SOURDOUGH PANCAKES
Provided by Food Network
Categories dessert
Time 33m
Yield 14 pancakes
Number Of Ingredients 10
- Ingredients
2 eggs |
2 tablespoons sugar |
1 teaspoon salt |
1 1/2 teaspoons baking soda |
1 tablespoon water |
2 cups Sourdough Starter, recipe follows |
2 1/2 cups warm water |
1 1/2 tablespoons yeast |
1 tablespoon honey (optional) |
2 1/2 cups flour |
Steps:
- In a large mixing bowl, beat eggs.
- In a separate bowl, add sugar, salt, baking soda, and water and mix until incorporated. Add to beaten eggs. Add Sourdough Starter to mixture and beat with wooden spoon. Do not beat too long.
- Spoon on griddle in 1/4 cup amounts. When bubbles appear on top of pancakes, turn over. Cook until golden brown.
- In a large bowl, combine the water, yeast, and honey and mix well. Add the flour and mix until all of flour is incorporated. Cover with a towel or loosely with plastic wrap and let sit in a warm place overnight. Refrigerate.

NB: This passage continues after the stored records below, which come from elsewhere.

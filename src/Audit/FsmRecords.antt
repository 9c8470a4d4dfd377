-- ===== src/Audit/FsmRecords.antt =====
-- backend/app/services/audit.py: `record_fsm`, which turns the records of a run into events.
use Prim.Native.String.{◌++◌ as str_append}
use native.Mathlib.Nat.{zero-add}
use proof_ops.Common.{
  take_chars, ℕ, suc, ◌+◌, String, ◌≡◌, refl, ap, ◌∙◌, ◌⊎◌, inl, inr, Bool, true, false, List, [],
  ◌∷◌, arith, length, length-append, if◌then◌else◌, fits_in, Result, ok, err, Exec,
}
use proof_ops.Contracts.Enums.{status_name}
use proof_ops.Fsm.Run.{TransitionRecord, Handoff}
use proof_ops.Fsm.Once.{AuditRecord, transition, handoff_record, duplicate_suppressed}
use proof_ops.Audit.Event.{AuditEvent, Codec}
use proof_ops.Audit.Chain.{AuditChain, AuditError, Emission, emit}
use proof_ops.Audit.Verify.{verify}
use proof_ops.Audit.Emit.{emit-keeps_valid}

-- `_clip` with the bound 1024
unfoldable pub clip : String → String
clip value = if fits_in 1024 value then value else str_append (take_chars 1021 value) "..."

-- `",".join(refs)`
unfoldable pub join_refs : List String → String
join_refs [] = ""
join_refs (r ∷ []) = r
join_refs (r ∷ q ∷ rest) = str_append r (str_append "," (join_refs (q ∷ rest)))

abbrev bool_name : Bool → String
bool_name true = "True"
bool_name false = "False"

unfoldable pub transition_text : TransitionRecord → String
transition_text r = clip (
    str_append (status_name r.frm) (
      str_append "->" (
        str_append (status_name r.to) (
          str_append " reason=" (
            str_append r.reason (
              str_append " forced="
                (str_append (bool_name r.forced) (str_append " refs=" (join_refs r.refs)))))))))

unfoldable pub handoff_text : Handoff → String
handoff_text h = clip (
    str_append h.from_agent
      (str_append "->" (str_append h.to_agent (str_append " refs=" (join_refs h.refs)))))

-- The call of `emit` for one record, with the fresh id and the time of the event.
unfoldable pub emission_of : String → String × ℕ → AuditRecord → Emission
emission_of actor (i, t) (transition r) = record {
  event_id = i;
  ts = t;
  event_type = "transition";
  actor = actor;
  agent = "";
  input_hash = "";
  evidence_ids = [];
  policy = [];
  action_id = "";
  approval_id = "";
  execution_id = "";
  result = transition_text r;
}
emission_of actor (i, t) (handoff_record h) = record {
  event_id = i;
  ts = t;
  event_type = "handoff";
  actor = actor;
  agent = h.from_agent;
  input_hash = "";
  evidence_ids = [];
  policy = [];
  action_id = "";
  approval_id = "";
  execution_id = "";
  result = handoff_text h;
}
emission_of actor (i, t) (duplicate_suppressed s) = record {
  event_id = i;
  ts = t;
  event_type = "execution.duplicate-suppressed";
  actor = actor;
  agent = "";
  input_hash = "";
  evidence_ids = [];
  policy = [];
  action_id = s.action_id;
  approval_id = "";
  execution_id = s.execution_id;
  result = "duplicate-suppressed";
}

module _ (codec : Codec) (actor : String) (draw : ℕ → String × ℕ) where
  abbrev pub go_on :
      ℕ
      → Result AuditError AuditEvent
      → AuditChain
      → (AuditChain → Result AuditError ℕ × AuditChain)
      → Result AuditError ℕ × AuditChain
  go_on n (err x) chain k = (err x, chain)
  go_on n (ok e) chain k = k chain

  -- The loop of `record_fsm` with `n` records done; a rejected record ends it, and what was
  -- appended before stays.
  unfoldable pub record_from : ℕ → List AuditRecord → Exec AuditChain AuditError ℕ
  record_from n [] chain = (ok n, chain)
  record_from n (r ∷ rs) chain =
      let step = emit codec (emission_of actor (draw n) r) chain in
      go_on n step.0 step.1 (record_from (suc n) rs)

  unfoldable pub record_fsm : List AuditRecord → Exec AuditChain AuditError ℕ
  record_fsm = record_from 0

  record_from_valid :
      (n : ℕ) (rs : List AuditRecord) (chain : AuditChain)
      → (verify codec chain).valid ≡ true
      → ((verify codec (record_from n rs chain).1).valid ≡ true)
        × (((x : AuditError) × ((record_from n rs chain).0 ≡ err x))
            ⊎ (((record_from n rs chain).0 ≡ ok (n + length rs))
                × (length (record_from n rs chain).1.events ≡ length chain.events + length rs)))
  unfolding record_from
  record_from_valid n [] chain h = (h, inr (ground arith, omega arith))
  record_from_valid n (r ∷ rs) chain h =
      let m = emission_of actor (draw n) r in
      let kept = emit-keeps_valid codec m chain h in
      elim kept.1 [
        | inl (x, k, same) ↦ rw k (kept.0, inl (x, refl))
        | inr (e, k, grown, _) ↦
            let later = record_from_valid (suc n) rs (emit codec m chain).1 kept.0 in
            rw k (
              later.0,
              elim later.1 [
                | inl bad ↦ inl bad
                | inr (done, size) ↦ inr (
                  done ∙ ap ok (omega arith),
                  omega (
                    arith,
                    size,
                    ap (λ (l : List AuditEvent). length l) grown,
                    length-append chain.events (e ∷ []),
                  ),
                )
              ],
            )
      ]

  -- Whatever the records are, the chain still verifies after `record_fsm`; if no record is
  -- rejected, every record became exactly one event and their number is returned.
  pub record_fsm-keeps_valid :
      (rs : List AuditRecord) (chain : AuditChain)
      → (verify codec chain).valid ≡ true
      → ((verify codec (record_fsm rs chain).1).valid ≡ true)
        × (((x : AuditError) × ((record_fsm rs chain).0 ≡ err x))
            ⊎ (((record_fsm rs chain).0 ≡ ok (length rs))
                × (length (record_fsm rs chain).1.events ≡ length chain.events + length rs)))
  unfolding record_fsm
  record_fsm-keeps_valid rs chain h = rw zero-add at (record_from_valid 0 rs chain h)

- When using the starter, remove 2 cups to use for the pancakes. Add 2 cups flour and 2 more cups warm water to the starter. Cover and refrigerate. If you don't use your starter for more than 3 days, it needs to be fed. Remove 1 cup and discard. Add 1 cup flour and 1 cup warm water, cover and refrigerate.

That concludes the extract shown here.